═════ TASK INPUTS ═════

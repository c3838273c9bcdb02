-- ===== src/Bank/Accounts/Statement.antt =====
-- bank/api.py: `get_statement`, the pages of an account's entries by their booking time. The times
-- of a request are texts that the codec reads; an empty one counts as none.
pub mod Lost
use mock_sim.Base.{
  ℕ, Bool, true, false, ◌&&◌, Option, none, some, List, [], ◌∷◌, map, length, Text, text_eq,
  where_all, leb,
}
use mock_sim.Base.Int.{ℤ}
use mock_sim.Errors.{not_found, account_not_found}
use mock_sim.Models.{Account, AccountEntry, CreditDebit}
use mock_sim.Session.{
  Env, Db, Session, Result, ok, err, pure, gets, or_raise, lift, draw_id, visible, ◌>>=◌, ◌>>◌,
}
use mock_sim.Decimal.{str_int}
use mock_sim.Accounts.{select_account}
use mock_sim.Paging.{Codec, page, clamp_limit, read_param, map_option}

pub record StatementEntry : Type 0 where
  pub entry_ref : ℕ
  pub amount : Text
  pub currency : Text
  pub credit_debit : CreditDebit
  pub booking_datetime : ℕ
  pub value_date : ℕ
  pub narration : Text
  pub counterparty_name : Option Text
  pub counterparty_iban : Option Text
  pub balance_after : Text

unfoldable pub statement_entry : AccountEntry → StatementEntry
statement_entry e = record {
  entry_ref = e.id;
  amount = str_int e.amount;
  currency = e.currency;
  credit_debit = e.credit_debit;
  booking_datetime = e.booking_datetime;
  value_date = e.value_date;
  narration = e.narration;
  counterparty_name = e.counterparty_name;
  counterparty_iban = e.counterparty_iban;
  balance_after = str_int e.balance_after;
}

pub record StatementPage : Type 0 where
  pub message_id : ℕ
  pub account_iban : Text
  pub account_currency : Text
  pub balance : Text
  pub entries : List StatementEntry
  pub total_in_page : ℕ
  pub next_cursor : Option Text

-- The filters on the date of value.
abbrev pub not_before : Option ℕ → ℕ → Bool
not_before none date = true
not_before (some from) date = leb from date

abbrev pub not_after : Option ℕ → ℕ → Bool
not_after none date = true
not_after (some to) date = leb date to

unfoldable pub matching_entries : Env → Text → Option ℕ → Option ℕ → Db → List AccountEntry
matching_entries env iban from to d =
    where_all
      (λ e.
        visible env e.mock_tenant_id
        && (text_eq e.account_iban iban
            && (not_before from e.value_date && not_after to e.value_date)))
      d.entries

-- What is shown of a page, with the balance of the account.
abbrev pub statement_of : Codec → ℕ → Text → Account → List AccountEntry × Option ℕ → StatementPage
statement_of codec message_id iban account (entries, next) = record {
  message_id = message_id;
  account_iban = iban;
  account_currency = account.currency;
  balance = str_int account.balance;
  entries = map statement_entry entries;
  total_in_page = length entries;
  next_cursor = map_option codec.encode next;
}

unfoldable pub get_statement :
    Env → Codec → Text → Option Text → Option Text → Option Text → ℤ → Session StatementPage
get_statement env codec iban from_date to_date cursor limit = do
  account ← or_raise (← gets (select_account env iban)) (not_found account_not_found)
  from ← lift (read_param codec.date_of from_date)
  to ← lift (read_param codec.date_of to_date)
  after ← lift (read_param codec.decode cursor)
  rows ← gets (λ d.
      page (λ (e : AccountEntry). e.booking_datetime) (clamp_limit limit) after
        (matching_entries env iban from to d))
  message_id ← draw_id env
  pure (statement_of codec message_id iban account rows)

═════

Set down verbatim only the lines between the start of the data above and the line with "pub credit_debit : CreditDebit", both boundaries included.

[RESPONSE TO THIS EXERCISE]
repository c3838273c9bcdb02
-- ===== src/Bank/Accounts/Statement.antt =====
-- bank/api.py: `get_statement`, the pages of an account's entries by their booking time. The times
-- of a request are texts that the codec reads; an empty one counts as none.
pub mod Lost
use mock_sim.Base.{
  ℕ, Bool, true, false, ◌&&◌, Option, none, some, List, [], ◌∷◌, map, length, Text, text_eq,
  where_all, leb,
}
use mock_sim.Base.Int.{ℤ}
use mock_sim.Errors.{not_found, account_not_found}
use mock_sim.Models.{Account, AccountEntry, CreditDebit}
use mock_sim.Session.{
  Env, Db, Session, Result, ok, err, pure, gets, or_raise, lift, draw_id, visible, ◌>>=◌, ◌>>◌,
}
use mock_sim.Decimal.{str_int}
use mock_sim.Accounts.{select_account}
use mock_sim.Paging.{Codec, page, clamp_limit, read_param, map_option}

pub record StatementEntry : Type 0 where
  pub entry_ref : ℕ
  pub amount : Text
  pub currency : Text
  pub credit_debit : CreditDebit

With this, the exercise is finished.